Both the line with "unfoldable pub with_message" and the line with "unless_handled f (true, st) = st" in the records below must appear in the output, along with every line between them, exactly and with nothing added.

---- Extracted entries

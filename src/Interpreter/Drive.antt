-- ===== src/Interpreter/Drive.antt =====
-- The main loop, `drive` of src/runtime/Interpreter.cpp. The loop runs on fuel; `stuck` is only
-- the model's answer when the fuel is used up.
use sapo_engine.Prelude.{
  ℕ, zero, suc, ◌+◌, String, Bool, true, false, not, ◌&&◌, Option, none, some, [], ◌∷◌, ◌++◌,
  if◌then◌else◌, str_eq, ltb,
}
use sapo_engine.Json.{Json, null, string, object, set_member}
use sapo_engine.Workflow.{Node, ParsedWorkflow, find}
use sapo_engine.Interpreter.State.{
  Message, text, unknown_node, budget_exceeded, not_inside_loop, terminated_with, CapturedError,
  SuspendRequest, Terminate, ControlSignal, continue, jump_to, suspend, terminate, loop_break,
  loop_continue, failed, terminated, awaiting_input, suspended, RunState, Outcome, returned, raised,
  crashed, Tasks, Step, done, crash, stuck, ◌>>=◌,
}
use sapo_engine.Interpreter.Frames.{resolve_jump}
use sapo_engine.Interpreter.Advance.{completed_status, advance_after_node}
use sapo_engine.Interpreter.Errors.{next_iteration_for, finish_loop, handle_error}
use sapo_engine.Interpreter.Activate.{next_or_empty, run_node}

unfoldable pub with_message : Option String → Json → Json
with_message none payload = payload
with_message (some m) payload =
    if str_eq m "" then payload else set_member "message" (string m) payload

-- `terminate_payload["message"]` throws on a payload that is neither an object nor null.
unfoldable pub takes_message : Option String → Json → Bool
takes_message none payload = true
takes_message (some m) (object fs) = true
takes_message (some m) null = true
takes_message (some m) payload = str_eq m ""

unfoldable pub text_or : Message → Option String → Message
text_or m none = m
text_or m (some s) = text s

unfoldable pub value_or : String → Option String → String
value_or d none = d
value_or d (some s) = s

-- Where a suspended session goes on.
unfoldable pub resume_cursor_of : SuspendRequest → Node → String
resume_cursor_of s node =
    let by_reason = if str_eq s.reason "input" then node.id else next_or_empty node.next in
    let first = if str_eq s.resume_node "" then by_reason else s.resume_node in
    if str_eq first "" && str_eq s.reason "timer" && not (str_eq s.await_condition "")
    then node.id
    else first

module _ {C : Type 0} where
  -- The end of a run by an error.
  unfoldable pub fail_run : String → Message → String → Json → RunState C → RunState C
  fail_run code message node data_ st = record st {
    status = failed;
    error = message;
    error_code = code;
    error_node = node;
    error_data = data_;
    finished = true;
  }

  unfoldable pub unless_handled : (RunState C → RunState C) → Bool × RunState C → RunState C
  unless_handled f (true, st) = st
  unless_handled f (false, st) = f st

  unfoldable pub suspend_run : SuspendRequest → Node → RunState C → RunState C
  unfolding resume_cursor_of
  suspend_run s node st = record st {
    suspend_request = some s;
    status = if str_eq s.reason "input" then awaiting_input else suspended;
    suspend_cursor = resume_cursor_of s node;
    cursor = resume_cursor_of s node;
    finished = true;
  }

  unfoldable pub terminate_run : Terminate → Node → RunState C → RunState C
  unfolding with_message text_or value_or
  terminate_run s node st =
      let ended = record st {
        terminate_status = s.status;
        terminate_payload = with_message s.message s.payload;
        finished = true;
      } in
      if str_eq s.status "success" then record ended { status = terminated } else record ended {
        status = failed;
        error_code = value_or "WORKFLOW_FAILED" s.error_code;
        error = text_or (terminated_with s.status) s.message;
        error_node = node.id;
      }

module _ {C : Type 0} (t : Tasks C) (w : ParsedWorkflow) where
  unfoldable pub handled_or :
      CapturedError → (RunState C → RunState C) → RunState C → Step (RunState C)
  handled_or e f st = do r ← handle_error t w e st; done (unless_handled f r)

  unfoldable pub looped_or : Node → Step (Bool × RunState C) → Step (RunState C)
  looped_or node m = do
    r ← m
    done (
        unless_handled
          (λ st. record st {
            status = failed;
            error_code = "ROUTING_ERROR";
            error = not_inside_loop node.id;
            error_node = node.id;
            finished = true;
          })
          r)

  -- The control transfer after a node has returned its signal.
  unfoldable pub follow : ControlSignal → Node → RunState C → Step (RunState C)
  follow continue node st = advance_after_node t w st
  follow (jump_to target) node st = done (resolve_jump st target)
  follow (suspend s) node st = done (suspend_run s node st)
  follow (terminate s) node st =
      if takes_message s.message s.payload
      then done (terminate_run s node st)
      else crash "type_error"
  follow (loop_break name) node st = looped_or node (finish_loop t w st (next_or_empty name))
  follow (loop_continue name) node st =
      looped_or node (next_iteration_for t w st (next_or_empty name))

  unfoldable pub settle : Node → RunState C → Outcome ControlSignal → Step (RunState C)
  settle node st (returned signal) = if st.finished then done st else follow signal node st
  settle node st (raised e) =
      handled_or e
        (fail_run e.code e.message (if str_eq e.node "" then node.id else e.node) e.data_) st
  settle node st (crashed what) = crash what

  unfoldable pub run_or_skip : Node → RunState C → Step (RunState C)
  run_or_skip node st =
      if node.enabled
      then (let (st', out) = run_node t node.kind node st in settle node st' out)
      else advance_after_node t w st

  -- The visit of a node that the cursor names.
  unfoldable pub visit : Node → RunState C → Step (RunState C)
  visit node st =
      let st' = record st { current_node_id = node.id; visits = st.visits + 1 } in
      if ltb st.budget (st.visits + 1)
      then done (record st' {
        status = failed;
        error_code = "LIMIT_EXCEEDED";
        error = budget_exceeded st.budget;
        error_node = node.id;
        finished = true;
      })
      else run_or_skip node (record st' { visited = st.visited ++ node.id ∷ [] })

  unfoldable pub visit_or_route : Option Node → RunState C → Step (RunState C)
  visit_or_route (some node) st = visit node st
  visit_or_route none st =
      handled_or
        (record {
          code = "ROUTING_ERROR";
          message = unknown_node st.cursor;
          node = st.current_node_id;
          data_ = null;
        })
        (λ st'. record st' {
          status = failed;
          error = unknown_node st.cursor;
          error_code = "ROUTING_ERROR";
          finished = true;
        })
        (record st { cursor = "" })

  unfoldable pub at_cursor : RunState C → Step (RunState C)
  at_cursor st =
      if str_eq st.cursor ""
      then done (record st { status = completed_status st.status; finished = true })
      else visit_or_route (find w st.cursor) st

  unfoldable pub raise_pending : Option CapturedError → RunState C → Step (RunState C)
  raise_pending none st = at_cursor st
  raise_pending (some e) st =
      handled_or e (fail_run e.code e.message e.node e.data_) (record st { pending_error = none })

  -- The body of the loop.
  unfoldable pub round : RunState C → Step (RunState C)
  round st = raise_pending st.pending_error st

  unfoldable pub drive_on : (RunState C → Step (RunState C)) → Bool → RunState C → Step (RunState C)
  drive_on again true st = done st
  drive_on again false st = round st >>= again

  unfoldable pub drive : ℕ → RunState C → Step (RunState C)
  drive zero st = stuck
  drive (suc n) st = drive_on (drive n) st.finished st
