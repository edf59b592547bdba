-- ===== src/Interpreter/Same.antt =====
-- Lemmas on the state of src/runtime/Interpreter.cpp after a step: the frames, the counters and the
-- trail of a run beside those before it.
use sapo_engine.Prelude.{
  ℕ, ◌≤◌, String, ◌≡◌, Bool, true, false, Option, none, some, List, [], ◌∷◌, arith, Bool-cases,
  Option-cases, inl, inr,
}
use sapo_engine.Workflow.{ParsedWorkflow, NodeKind, Node, loop_kind, find}
use sapo_engine.Interpreter.State.{
  Frame, FrameKind, loop, RunState, Tasks, Outcome, returned, raised, crashed, Step, done, escaped,
  crash, stuck, ◌>>=◌, CapturedError, unguarded,
}
use sapo_engine.Interpreter.Frames.{
  index_of_id, bind_if_loop, bind_iteration, enter_frame, jump_into, resolve_jump,
}
use sapo_engine.Interpreter.Advance.{
  Unwind, ask_guard, more_passes, warn_capped, raise_again, kind_of, weigh, is_while,
}

module _ {C : Type 0} where
  -- What a state has in common with the one that it was reached from, within a number of frames.
  pub record Same (k : ℕ) (from to : RunState C) : Type 0 where
    pub frames_within : weigh to.frames ≤ k
    pub visits_kept : to.visits ≡ from.visits
    pub budget_kept : to.budget ≡ from.budget
    pub visited_kept : to.visited ≡ from.visited

  -- A step that ends in such a state, or by an exception; never for want of fuel.
  abbrev pub Keeps : ℕ → RunState C → Step (RunState C) → Type 0
  Keeps k from (done to) = Same k from to
  Keeps k from stuck = ⊥
  Keeps k from _ = Unit

  -- The rest of an unwinding, within a number of frames.
  abbrev pub KeepsOn : ℕ → Unwind C → Type 0
  KeepsOn m k =
      (current : String) (frames : List Frame) (st : RunState C)
      → weigh frames ≤ m
      → Keeps (weigh frames) st (k current frames st)

  pub Keeps-weaken :
      (a b : ℕ) (s s' : RunState C) (r : Step (RunState C))
      → a ≤ b
      → s'.visits ≡ s.visits
      → s'.budget ≡ s.budget
      → s'.visited ≡ s.visited
      → Keeps a s' r
      → Keeps b s r
  Keeps-weaken a b s s' (done to) le v u w h = ground arith
  Keeps-weaken a b s s' stuck le v u w h = h
  Keeps-weaken a b s s' (escaped e) le v u w h = h
  Keeps-weaken a b s s' (crash x) le v u w h = h

  pub bind_if_loop-Same :
      (k : FrameKind) (f : Frame) (st : RunState C)
      → Same (weigh st.frames) st (bind_if_loop k f.loop_state st)
  unfolding bind_if_loop bind_iteration
  bind_if_loop-Same loop f st = ground arith
  bind_if_loop-Same _ f st = ground arith

  pub jump_into-Same :
      (target : String) (st : RunState C) (frames : List Frame)
      → Same (weigh frames) st (jump_into target st frames)
  unfolding jump_into enter_frame
  jump_into-Same target st [] = ground arith
  jump_into-Same target st (f ∷ outer) = elim (Option-cases (index_of_id f.ids target)) [
    | inl no_index ↦ rw (no_index) (ground (arith, jump_into-Same target st outer))
    | inr (i, found) ↦ rw (found) (
        ground (
          arith,
          bind_if_loop-Same f.kind f (record st { frames = record f { position = i } ∷ outer }),
        ))
  ]

  pub resolve_jump-Same :
      (st : RunState C) (target : String) → Same (weigh st.frames) st (resolve_jump st target)
  unfolding resolve_jump
  resolve_jump-Same st target = ground (arith, jump_into-Same target st st.frames)

-- A step that does not run out of fuel.
abbrev pub Ends : {A : Type 0} → Step A → Type 0
Ends stuck = ⊥
Ends _ = Unit

pub unguarded-Ends : {A : Type 0} (o : Outcome A) → Ends (unguarded o)
unguarded-Ends (returned a) = tt
unguarded-Ends (raised a) = tt
unguarded-Ends (crashed a) = tt

module _ {C : Type 0} where
  pub raise_again-Same :
      (o : Option CapturedError) (st : RunState C) → Same (weigh st.frames) st (raise_again o st)
  unfolding raise_again
  raise_again-Same none st = ground arith
  raise_again-Same (some e) st = ground arith

  pub Keeps-bind-test :
      (r : Step Bool) (g : Bool → Step (RunState C)) (m : ℕ) (st : RunState C)
      → Ends r
      → ((b : Bool) → Keeps m st (g b))
      → Keeps m st (r >>= g)
  Keeps-bind-test (done b) g m st e h = h b
  Keeps-bind-test stuck g m st e h = e
  Keeps-bind-test (escaped x) g m st e h = tt
  Keeps-bind-test (crash x) g m st e h = tt

  pub Keeps-bind :
      (r : Step (RunState C)) (g : RunState C → Step (RunState C)) (m n : ℕ) (st : RunState C)
      → Keeps m st r
      → ((st' : RunState C) → Same m st st' → Keeps n st (g st'))
      → Keeps n st (r >>= g)
  Keeps-bind (done st') g m n st e h = h st' e
  Keeps-bind stuck g m n st e h = e
  Keeps-bind (escaped x) g m n st e h = tt
  Keeps-bind (crash x) g m n st e h = tt

  pub warn_capped-Same :
      (f : Frame) (capped : Bool) (st : RunState C)
      → Same (weigh st.frames) st (warn_capped f capped st)
  unfolding warn_capped
  warn_capped-Same f capped st = ground arith

module _ {C : Type 0} (t : Tasks C) (w : ParsedWorkflow) where
  pub ask_guard-Ends :
      (o : Option Node) (kind : NodeKind) (st : RunState C) → Ends (ask_guard t w o kind st)
  unfolding ask_guard
  ask_guard-Ends none kind st = tt
  ask_guard-Ends (some n) (loop_kind l) st = unguarded-Ends (t.loop_guard n st)
  ask_guard-Ends (some n) _ st = tt

  pub more_passes-Ends : (f : Frame) (b : Bool) (st : RunState C) → Ends (more_passes t w f b st)
  unfolding more_passes
  more_passes-Ends f true st = elim (Bool-cases (is_while f.loop_state.mode)) [
    | inl guarded ↦ rw guarded (ask_guard-Ends (find w f.node_id) (kind_of (find w f.node_id)) st)
    | inr counted ↦ rw counted tt
  ]
  more_passes-Ends f false st = tt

--------

== Result ==
unfoldable pub with_message : Option String → Json → Json
with_message none payload = payload
with_message (some m) payload =
    if str_eq m "" then payload else set_member "message" (string m) payload

-- `terminate_payload["message"]` throws on a payload that is neither an object nor null.
unfoldable pub takes_message : Option String → Json → Bool
takes_message none payload = true
takes_message (some m) (object fs) = true
takes_message (some m) null = true
takes_message (some m) payload = str_eq m ""

unfoldable pub text_or : Message → Option String → Message
text_or m none = m
text_or m (some s) = text s

unfoldable pub value_or : String → Option String → String
value_or d none = d
value_or d (some s) = s

-- Where a suspended session goes on.
unfoldable pub resume_cursor_of : SuspendRequest → Node → String
resume_cursor_of s node =
    let by_reason = if str_eq s.reason "input" then node.id else next_or_empty node.next in
    let first = if str_eq s.resume_node "" then by_reason else s.resume_node in
    if str_eq first "" && str_eq s.reason "timer" && not (str_eq s.await_condition "")
    then node.id
    else first

module _ {C : Type 0} where
  -- The end of a run by an error.
  unfoldable pub fail_run : String → Message → String → Json → RunState C → RunState C
  fail_run code message node data_ st = record st {
    status = failed;
    error = message;
    error_code = code;
    error_node = node;
    error_data = data_;
    finished = true;
  }

  unfoldable pub unless_handled : (RunState C → RunState C) → Bool × RunState C → RunState C
  unless_handled f (true, st) = st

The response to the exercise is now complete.